Chances are that I showed up tonight because I finally checked my email.
I haven't looked at Yahoo in even longer. I let it go a couple of days, and then another couple of days turned into a couple of weeks, and then I just didn't want to bother. I knew there was a backlog of nonsense waiting for me, so many bits and pieces from the random places I've attempted to keep up with.
I've let so many things gather in the bottleneck, and I've just ignored them. I ignored family requests that I visit for the holidays. I missed a couple of comments to this blog. I've just been so far into my own trying to forget that lots of things got overlooked.
It's not so much trying to forget, but I'm also not really sure what else to call it. It's at least some amount of just avoiding thinking about things so that I don't get depressed, and I've done a great job of not being depressed lately, and some of that is just not recognizing, just ignoring.

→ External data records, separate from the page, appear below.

-- ===== src/Descriptor/Roundtrip.antt =====
-- Packing a descriptor and unpacking it again.
use native.Mathlib.Nat.{lt_of_lt_of_le as lt-le_trans, pow-le-pow_right}
use he_mai_a.Prelude.{
  ℕ, ◌+◌, ◌*◌, ◌^◌, ◌≤◌, ◌<◌, ◌≡◌, ◌↔◌, refl, ap, ◌∙◌, String, Bool, true, false, List, [], ◌∷◌,
  All, arith, ltb_of_le, sym, ok, err, Error,
}
use he_mai_a.Node.{NodeType, BingoNode}
use he_mai_a.Descriptor.{
  Dimensions, idx_width, core_code, flag, task_type_code, descriptor_fields, write_field,
  write_fields, unpack_layout, read_fields, in_64_bits, pack_node, unpack_node,
}
use he_mai_a.Descriptor.Words.{
  Fits, total_width, concat, concat-lt, write_fields-concat, read_fields-concat, pair_path,
}
use he_mai_a.Descriptor.Codes.{core_code-lt}
use he_mai_a.Descriptor.Width.{lt-idx_width}

-- The bits that a descriptor takes on a platform.
abbrev pub descriptor_width : Dimensions → ℕ
descriptor_width d =
    48
    + 2 * idx_width d.num_clusters_per_chiplet
    + idx_width d.num_cores_per_cluster
    + 2 * d.num_cores_per_cluster

-- Every number of a node lies in the range that its field holds.
pub record IsPackable (d : Dimensions) (node : BingoNode) : Type 0 where
  pub group : node.cond_exec_group_id < 32
  pub id : node.node_id < 4096
  pub chiplet : node.assigned_chiplet_id < 256
  pub cluster : node.assigned_cluster_id < d.num_clusters_per_chiplet
  pub core : node.assigned_core_id < d.num_cores_per_cluster
  pub check_cores : All (λ c. c < d.num_cores_per_cluster) node.dep_check_list
  pub check_tag : node.dep_check_tag < 16
  pub set_chiplet : node.dep_set_chiplet_id < 256
  pub set_cluster : node.dep_set_cluster_id < d.num_clusters_per_chiplet
  pub set_cores : All (λ c. c < d.num_cores_per_cluster) node.dep_set_list
  pub set_tag : node.dep_set_tag < 16

-- What the dictionary should hold.
abbrev pub descriptor_rows : BingoNode → List (String × ℕ)
descriptor_rows node =
    ("cond_exec_invert", flag node.cond_exec_invert)
    ∷ ("cond_exec_group_id", node.cond_exec_group_id)
    ∷ ("cond_exec_en", flag node.cond_exec_en)
    ∷ ("task_type", task_type_code node.node_type)
    ∷ ("task_id", node.node_id)
    ∷ ("assigned_chiplet_id", node.assigned_chiplet_id)
    ∷ ("assigned_cluster_id", node.assigned_cluster_id)
    ∷ ("assigned_core_id", node.assigned_core_id)
    ∷ ("dep_check_en", flag node.dep_check_enable)
    ∷ ("dep_check_code", core_code node.dep_check_list)
    ∷ ("dep_check_tag", node.dep_check_tag)
    ∷ ("dep_set_en", flag node.dep_set_enable)
    ∷ ("dep_set_all", flag node.remote_dep_set_all)
    ∷ ("dep_set_chiplet_id", node.dep_set_chiplet_id)
    ∷ ("dep_set_cluster_id", node.dep_set_cluster_id)
    ∷ ("dep_set_code", core_code node.dep_set_list)
    ∷ ("dep_set_tag", node.dep_set_tag)
    ∷ []

abbrev keys : List String
keys =
    "cond_exec_invert" ∷ "cond_exec_group_id" ∷ "cond_exec_en" ∷ "task_type" ∷ "task_id"
    ∷ "assigned_chiplet_id" ∷ "assigned_cluster_id" ∷ "assigned_core_id" ∷ "dep_check_en"
    ∷ "dep_check_code" ∷ "dep_check_tag" ∷ "dep_set_en" ∷ "dep_set_all" ∷ "dep_set_chiplet_id"
    ∷ "dep_set_cluster_id" ∷ "dep_set_code" ∷ "dep_set_tag" ∷ []

write_fields-shift : (fs : List (ℕ × ℕ)) (p s : ℕ) → (write_fields (p, s) fs).1 ≡ s + total_width fs
unfolding write_fields write_field
write_fields-shift [] p s = omega arith
write_fields-shift ((v, w) ∷ fs) p s = omega (arith, write_fields-shift fs _ (s + w))

flag-lt : (b : Bool) → flag b < 2
flag-lt true = omega arith
flag-lt false = omega arith

task_type_code-lt : (t : NodeType) → task_type_code t < 4
task_type_code-lt NodeType.normal = omega arith
task_type_code-lt NodeType.dummy = omega arith
task_type_code-lt NodeType.gating = omega arith

in_range : (word width : ℕ) → width ≤ 64 → in_64_bits (word, width) ≡ ok word
unfolding in_64_bits
in_range word width h = rw (ltb_of_le 64 width h) refl

from_bottom : (x : ℕ) → 0 + x * 2 ^ 0 ≡ x
from_bottom x = omega arith

module _ (d : Dimensions) (node : BingoNode) where
  total_width-descriptor : total_width (descriptor_fields d node) ≡ descriptor_width d
  unfolding descriptor_fields
  total_width-descriptor = omega arith

  descriptor-Fits :
      IsPackable d node → descriptor_width d ≤ 64 → All Fits (descriptor_fields d node)
  unfolding descriptor_fields
  descriptor-Fits h narrow = assumption (
    flag-lt node.cond_exec_invert,
    flag-lt node.cond_exec_en,
    flag-lt node.dep_check_enable,
    flag-lt node.dep_set_enable,
    flag-lt node.remote_dep_set_all,
    task_type_code-lt node.node_type,
    lt-idx_width d.num_clusters_per_chiplet node.assigned_cluster_id h.cluster (omega arith),
    lt-idx_width d.num_cores_per_cluster node.assigned_core_id h.core (omega arith),
    lt-idx_width d.num_clusters_per_chiplet node.dep_set_cluster_id h.set_cluster (omega arith),
    core_code-lt d.num_cores_per_cluster node.dep_check_list h.check_cores,
    core_code-lt d.num_cores_per_cluster node.dep_set_list h.set_cores,
  )

  written :
      IsPackable d node
      → descriptor_width d ≤ 64
      → write_fields (0, 0) (descriptor_fields d node)
        ≡ (concat (descriptor_fields d node), descriptor_width d)
  written h narrow =
      write_fields-concat (descriptor_fields d node) 0 0 (omega arith) (descriptor-Fits h narrow)
      ∙ pair_path (omega arith) (omega (arith, total_width-descriptor))

  read_back :
      IsPackable d node
      → descriptor_width d ≤ 64
      → unpack_node d (concat (descriptor_fields d node)) ≡ descriptor_rows node
  unfolding unpack_node unpack_layout descriptor_fields
  read_back h narrow =
      ap (λ x. read_fields x 0 (unpack_layout d))
        (sym (from_bottom (concat (descriptor_fields d node))))
      ∙ read_fields-concat keys (descriptor_fields d node) 0 0 (omega arith)
          (descriptor-Fits h narrow)

  -- A descriptor is refused exactly when the platform's dimensions need more than 64 bits, whatever
  -- the node holds.
  pub pack_node-too_wide :
      (pack_node d node ≡ err Error.descriptor_too_wide) ↔ (64 < descriptor_width d)
  unfolding pack_node
  pack_node-too_wide =
      ground (arith, write_fields-shift (descriptor_fields d node) 0 0, total_width-descriptor)

  -- A node whose numbers fit their fields, on a platform whose descriptors fit 64 bits, is packed
  -- into a 64-bit word, and unpacking the word gives every field of the node back.
  pub unpack-pack :
      IsPackable d node
      → descriptor_width d ≤ 64
      → (word : ℕ) × (pack_node d node ≡ ok word)
        × (word < 2 ^ 64)
        × (unpack_node d word ≡ descriptor_rows node)
  unfolding pack_node
  unpack-pack h fits = (
    concat (descriptor_fields d node),
    ap in_64_bits (written h fits)
        ∙ in_range (concat (descriptor_fields d node)) (descriptor_width d) fits,
    lt-le_trans
        (rw total_width-descriptor at
          (concat-lt (descriptor_fields d node) (descriptor-Fits h fits)))
        (pow-le-pow_right {n = 2} (omega arith) fits),
    read_back h fits,
  )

Am I about to come out of it finally? about to rejoin life in all its bitter yet sweet ups and downs? I find that doubtful. I don't seem to work that way.
I really don't know what it is. I went and started a new blog, but I haven't been any better about that than I have this one, and I've sort of let it go fallow as I've done this one. I didn't meant to or want to, but it's gotten hard to post. I fear sometimes I've run out of things to say, but maybe the truth is slightly worse, that I've grown scared to post.
There was a time when I was like any other anonymous blogger. Sure, there were the blogging friends that I'd made, and I still love that I was able to create this thing that some people seemed to enjoy, but then they all started getting in, started getting too close. I think that's part of a pattern, that if anyone gets too close I start to shut down.
I know that it's part of a pattern. I do in fact shut down when people start to get in. I don't want to be that way, but it's become a bit of a habit, and it's a hard one to break. It becomes a habit because I don't know what to do when people get in, when they start to get to know me.
There was a time when I knew exactly what to do, but that exact knowing meant that I turned into an ass and drove them right back out. It wasn't a conscious effort, but from where I am now I can see that that is what I did. I can see that that is what I do. I don't like people getting in, because then they get to know me and stuff.
Recognizing this pattern is hopefully the first step in fixing it. I'm not sure what fixing it entails, but I'm quite certain I won't like it. It's going to require that I find some comfort and an ability to accept that there are more people at the party than I'm quite okay with. It's going to take me doing stuff, and me doing stuff is not my happy place.
But then that's life in general. I need to do stuff. I've been quite comfortably not doing stuff for too long, and it's really about time that I do do stuff.
p.s. yeah, haha, I said doodoo, but not like that.